** AIM OF THE EXERCISE **
As the answer, give a copy of each line below that includes the word "name".

** Data entries **
____

-- ===== src/Operations/Child.antt =====
-- src/context/durable_context/child.rs, child/replay.rs and child/execute.rs. The user's function is
-- an operation on the child's context.
pub mod Outcomes
pub mod Unfinished
use lambda_durable_execution.Base.{
  ℕ, ◌*◌, String, Bool, true, false, Option, none, some, ltb, if◌then◌else◌, is_some, unwrap_or,
  str_len,
}
use lambda_durable_execution.Errors.{DurableError, boxed, from_durable_error}
use lambda_durable_execution.Types.{
  Operation, OperationType, OperationStatus, OperationAction, ContextDetails, ExecutionDetails,
}
use lambda_durable_execution.Types.Builder.{OperationUpdateBuilder}
use lambda_durable_execution.Checkpoint.{LambdaService}
use lambda_durable_execution.Context.{ExecutionContext, ExecutionMode, with_parent_id, rejoin}
use lambda_durable_execution.Context.Run.{
  Outcome, done, failed, suspended, Op, ◌>>=◌, ◌>>◌, return, fail, set_mode, built, send, Serdes,
  Json, safe_serialize, safe_deserialize,
}
use lambda_durable_execution.Operations.{update_builder, replayed}
use lambda_durable_execution.Operations.Step.{StepIds}

pub record ChildContextConfig (T : Type 0) : Type 0 where
  pub sub_type : Option String
  pub serdes : Option (Serdes T)

pub data ChildReplayDecision (T : Type 0) : Type 0 where
  decided : T → ChildReplayDecision T
  replay_children : ChildReplayDecision T
  proceed : ChildReplayDecision T

abbrev pub checkpoint_size_limit_bytes : ℕ
checkpoint_size_limit_bytes = 256 * 1024

-- `replay_children == Some(true)`.
abbrev pub replays_children : Option ContextDetails → Bool
replays_children none = false
replays_children (some d) = unwrap_or d.replay_children false

abbrev pub context_payload : Option ContextDetails → Option String
context_payload none = none
context_payload (some d) = d.result

abbrev pub output_payload : Option ExecutionDetails → Option String
output_payload none = none
output_payload (some d) = d.output_payload

abbrev pub child_message : Option ContextDetails → String
child_message none = "Child context failed"
child_message (some d) = elim d.error [ none ↦ "Child context failed" | some e ↦ e.error_message ]

unfoldable pub child_builder : StepIds → String → OperationAction → OperationUpdateBuilder
unfolding update_builder
child_builder ids sub_type action =
    update_builder ids.hashed_id OperationType.context sub_type action ids.parent_id ids.name

unfoldable pub child_fail_builder : StepIds → String → DurableError → OperationUpdateBuilder
unfolding child_builder from_durable_error
child_fail_builder ids sub_type e = record (child_builder ids sub_type OperationAction.fail) {
  error = some (from_durable_error e);
}

-- A payload above the limit is replaced by an empty one, and the children are replayed instead.
unfoldable pub too_large : Option String → Bool
too_large none = false
too_large (some p) = ltb checkpoint_size_limit_bytes (str_len p)

unfoldable pub child_succeed_builder : StepIds → String → Option String → OperationUpdateBuilder
unfolding child_builder too_large
child_succeed_builder ids sub_type payload =
    record (child_builder ids sub_type OperationAction.succeed) {
      context_options =
          if too_large payload then some (record { replay_children = some true }) else none;
      payload = if too_large payload then some "" else payload;
    }

unfoldable pub child_failed : StepIds → DurableError → DurableError
unfolding from_durable_error boxed
child_failed ids e =
    DurableError.child_context_failed ids.step_id (from_durable_error e).error_message
      (some (boxed e))

module _ {S T : Type 0} (json : Json T) where
  -- The value of a payload, if there is one and it has a value.
  unfoldable pub try_payload :
      StepIds
      → Option (Serdes T)
      → Option String
      → Op S (ChildReplayDecision T)
      → Op S (ChildReplayDecision T)
  unfolding safe_deserialize
  try_payload ids serdes none next = next
  try_payload ids serdes (some payload) next =
      safe_deserialize json serdes (some payload) ids.hashed_id ids.name
      >>= elim [ none ↦ next | some v ↦ return (decided v) ]

  unfoldable pub child_succeeded :
      StepIds → Option (Serdes T) → Operation → Op S (ChildReplayDecision T)
  unfolding try_payload
  child_succeeded ids serdes op =
      if replays_children op.context_details
      then return replay_children
      else try_payload ids serdes (context_payload op.context_details)
          (try_payload ids serdes (output_payload op.execution_details) (return proceed))

  unfoldable pub evaluate_replay :
      StepIds → Option (Serdes T) → Option Operation → Op S (ChildReplayDecision T)
  unfolding child_succeeded set_mode
  evaluate_replay ids serdes none = return proceed
  evaluate_replay ids serdes (some op) = elim op.status [
    | OperationStatus.succeeded ↦ child_succeeded ids serdes op
    | OperationStatus.failed ↦
        fail (DurableError.child_context_failed ids.step_id (child_message op.context_details) none)
    | _ ↦ set_mode ExecutionMode.execution >> return proceed
  ]

-- The function on a context below this one; what the child leaves of the shared parts is the parent's.
abbrev pub rejoined : {S T : Type 0} → ExecutionContext → Outcome S T → Outcome S T
rejoined ctx (done v child s) = done v (rejoin ctx child) s
rejoined ctx (failed e child s) = failed e (rejoin ctx child) s
rejoined ctx (suspended child s) = suspended (rejoin ctx child) s

unfoldable pub in_child : {S T : Type 0} → String → Op S T → Op S T
unfolding with_parent_id rejoin
in_child hashed_id context_fn ctx s = rejoined ctx (context_fn (with_parent_id hashed_id ctx) s)

-- A result that the caller looks at (`match … { Ok(…) …, Err(…) … }`).
abbrev pub catch : {S T U : Type 0} → Op S T → (DurableError → Op S U) → (T → Op S U) → Op S U
catch m on_error k ctx s = elim (m ctx s) [
  | done v ctx' s' ↦ k v ctx' s'
  | failed e ctx' s' ↦ on_error e ctx' s'
  | suspended ctx' s' ↦ suspended ctx' s'
]

module _ {S T : Type 0} (svc : LambdaService S) (json : Json T) where
  -- START, unless the child is recorded already.
  unfoldable pub start_child : StepIds → String → Op S (Unit {0})
  unfolding child_builder built send
  start_child ids sub_type ctx =
      (if is_some (replayed ids.hashed_id ctx)
          then return tt
          else built "Failed to build child context START update"
              (child_builder ids sub_type OperationAction.start)
            >>= λ update. send svc ids.step_id update)
        ctx

  unfoldable pub fail_child : StepIds → String → DurableError → Op S T
  unfolding child_fail_builder built send child_failed
  fail_child ids sub_type e = do
    update ← built "Failed to build child context FAIL update" (child_fail_builder ids sub_type e)
    send svc ids.step_id update
    fail (child_failed ids e)

  unfoldable pub complete_child : StepIds → String → Option (Serdes T) → T → Op S T
  unfolding safe_serialize child_succeed_builder built send
  complete_child ids sub_type serdes value = do
    payload ← safe_serialize json serdes (some value) ids.hashed_id ids.name
    update ←
        built "Failed to build child context completion update"
          (child_succeed_builder ids sub_type payload)
    send svc ids.step_id update
    return value

  unfoldable pub run_child_execution : StepIds → Op S T → String → Option (Serdes T) → Op S T
  unfolding start_child in_child fail_child complete_child
  run_child_execution ids context_fn sub_type serdes =
      start_child ids sub_type
      >> catch (in_child ids.hashed_id context_fn) (fail_child ids sub_type)
          (complete_child ids sub_type serdes)

  abbrev pub decide : Op S T → Op S T → ChildReplayDecision T → Op S T
  decide replay run (decided v) = return v
  decide replay run replay_children = replay
  decide replay run proceed = run

  -- `run_in_child_context_with_ids`.
  unfoldable pub run_in_child_context_with_ids :
      String → String → Option String → Op S T → ChildContextConfig T → Op S T
  unfolding evaluate_replay in_child run_child_execution
  run_in_child_context_with_ids step_id hashed_id name context_fn config ctx =
      let ids : StepIds = record {
        step_id = step_id;
        hashed_id = hashed_id;
        name = name;
        parent_id = ctx.current_parent_id;
      } in
      let sub_type = unwrap_or config.sub_type "RunInChildContext" in
      (evaluate_replay json ids config.serdes (replayed hashed_id ctx)
          >>= decide (in_child hashed_id context_fn)
              (run_child_execution ids context_fn sub_type config.serdes))
        ctx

____

** FINAL ANSWER **
    update_builder ids.hashed_id OperationType.context sub_type action ids.parent_id ids.name
      safe_deserialize json serdes (some payload) ids.hashed_id ids.name
    payload ← safe_serialize json serdes (some value) ids.hashed_id ids.name
  run_in_child_context_with_ids step_id hashed_id name context_fn config ctx =
        name = name;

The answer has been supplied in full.